ASSIGNMENT:
Every line in the records below with the string "concat" is to be copied out.
BEGIN TASK DATA
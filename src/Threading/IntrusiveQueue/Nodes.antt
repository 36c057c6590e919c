-- ===== src/Threading/IntrusiveQueue/Nodes.antt =====
-- The nodes from the tail to the head, with the links that are still to be written.
use warhead_fix.Base.{ℕ, ◌≡◌, refl, sym, ◌∙◌, ◌≢◌, Option, none, some, List, [], ◌∷◌, ◌++◌}
use warhead_fix.Threading.MpscQueue.{Link, set}
use warhead_fix.Threading.MpscQueue.Chain.{NotIn, set_other, set_same}
use warhead_fix.Threading.MpscQueue.Links.{Pick, here, there, NotIn-concat}

-- `Nodes links n ns gaps z`: the nodes `n` and `ns` are distinct, the last one is `z`, and each points
-- to the next one, except where the link is one of `gaps`.
pub data Nodes (links : ℕ → Option (Option ℕ)) : ℕ → List ℕ → List Link → ℕ → Type 0 where
  last : {n : ℕ} → links n ≡ some none → Nodes links n [] [] n
  linked :
      {n m z : ℕ} {ns : List ℕ} {gaps : List Link}
      → links n ≡ some (some m)
      → NotIn n (m ∷ ns)
      → Nodes links m ns gaps z
      → Nodes links n (m ∷ ns) gaps z
  broken :
      {n m z : ℕ} {ns : List ℕ} {gaps : List Link}
      → links n ≡ some none
      → NotIn n (m ∷ ns)
      → Nodes links m ns gaps z
      → Nodes links n (m ∷ ns) (record { prev_head = n; node = m } ∷ gaps) z

-- A write elsewhere changes nothing.
pub Nodes-set :
    {links : ℕ → Option (Option ℕ)} {n z : ℕ} {ns : List ℕ} {gaps : List Link} (p : ℕ)
    (c : Option (Option ℕ))
    → NotIn p (n ∷ ns)
    → Nodes links n ns gaps z
    → Nodes (set links p c) n ns gaps z
Nodes-set {links} {n} p c (o, os) (last h) = last (set_other links p n c o ∙ h)
Nodes-set {links} {n} p c (o, os) (linked h d t) =
    linked (set_other links p n c o ∙ h) d (Nodes-set p c os t)
Nodes-set {links} {n} p c (o, os) (broken h d t) =
    broken (set_other links p n c o ∙ h) d (Nodes-set p c os t)

-- The first node can be read.
pub first_alive :
    {links : ℕ → Option (Option ℕ)} {n z : ℕ} {ns : List ℕ} {gaps : List Link}
    → Nodes links n ns gaps z
    → (next : Option ℕ) × (links n ≡ some next)
first_alive (last h) = (none, h)
first_alive (linked {m} h d t) = (some m, h)
first_alive (broken h d t) = (none, h)

-- The exchange puts a node behind the last one, and leaves a gap before it.
pub exchange-Nodes :
    {links : ℕ → Option (Option ℕ)} {n z : ℕ} {ns : List ℕ} {gaps : List Link} (a : ℕ)
    → NotIn a (n ∷ ns)
    → Nodes links n ns gaps z
    → Nodes
        (set links a (some none))
        n
        (ns ++ a ∷ [])
        (gaps ++ record { prev_head = z; node = a } ∷ [])
        a
exchange-Nodes {links} {n} a (o, os) (last h) =
    broken (set_other links a n _ o ∙ h) ((λ e. o (sym e)), tt) (last (set_same links a _))
exchange-Nodes {links} {n} a (o, os) (linked {ns = ns} h d t) =
    linked (set_other links a n _ o ∙ h) (d.0, NotIn-concat ns d.1 (λ e. o (sym e)))
      (exchange-Nodes a os t)
exchange-Nodes {links} {n} a (o, os) (broken {ns = ns} h d t) =
    broken (set_other links a n _ o ∙ h) (d.0, NotIn-concat ns d.1 (λ e. o (sym e)))
      (exchange-Nodes a os t)

-- The node before a gap is one of the nodes.
pub gap_elsewhere :
    {links : ℕ → Option (Option ℕ)} {n z p : ℕ} {ns : List ℕ} {gaps others : List Link} {l : Link}
    → NotIn p (n ∷ ns)
    → Nodes links n ns gaps z
    → Pick l gaps others
    → p ≢ l.prev_head
gap_elsewhere (o, os) (last h) pick = elim pick [ ]
gap_elsewhere (o, os) (linked h d t) pick = gap_elsewhere os t pick
gap_elsewhere (o, os) (broken h d t) here = o
gap_elsewhere (o, os) (broken h d t) (there pick) = gap_elsewhere os t pick

-- The link closes its gap, whichever it is.
pub link-Nodes :
    {links : ℕ → Option (Option ℕ)} {n z : ℕ} {ns : List ℕ} {gaps others : List Link} {l : Link}
    → Nodes links n ns gaps z
    → Pick l gaps others
    → (links l.prev_head ≡ some none)
      × Nodes (set links l.prev_head (some (some l.node))) n ns others z
link-Nodes (last h) pick = elim pick [ ]
link-Nodes {links} {n} {l} (linked h d t) pick =
    let (found, t') = link-Nodes t pick in
    let away = gap_elsewhere d t pick in
    (found, linked (set_other links l.prev_head n _ (λ e. away (sym e)) ∙ h) d t')
link-Nodes {links} {n} (broken {m} h d t) here =
    (h, linked (set_same links n _) d (Nodes-set n _ d t))
link-Nodes {links} {n} {l} (broken h d t) (there pick) =
    let (found, t') = link-Nodes t pick in
    let away = gap_elsewhere d t pick in
    (found, broken (set_other links l.prev_head n _ (λ e. away (sym e)) ∙ h) d t')

-- The head is one of the nodes.
pub head_elsewhere :
    {links : ℕ → Option (Option ℕ)} {n z p : ℕ} {ns : List ℕ} {gaps : List Link}
    → NotIn p (n ∷ ns)
    → Nodes links n ns gaps z
    → p ≢ z
head_elsewhere (o, os) (last h) = o
head_elsewhere (o, os) (linked h d t) = head_elsewhere os t
head_elsewhere (o, os) (broken h d t) = head_elsewhere os t

-- Where the tail is the head, no other node follows.
pub only_node :
    {links : ℕ → Option (Option ℕ)} {n z : ℕ} {ns : List ℕ} {gaps : List Link}
    → n ≡ z
    → Nodes links n ns gaps z
    → ns ≡ []
only_node e (last h) = refl
only_node e (linked h d t) = absurd (head_elsewhere d t e)
only_node e (broken h d t) = absurd (head_elsewhere d t e)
END TASK DATA
TASK OUTPUT:
use warhead_fix.Threading.MpscQueue.Links.{Pick, here, there, NotIn-concat}
    linked (set_other links a n _ o ∙ h) (d.0, NotIn-concat ns d.1 (λ e. o (sym e)))
    broken (set_other links a n _ o ∙ h) (d.0, NotIn-concat ns d.1 (λ e. o (sym e)))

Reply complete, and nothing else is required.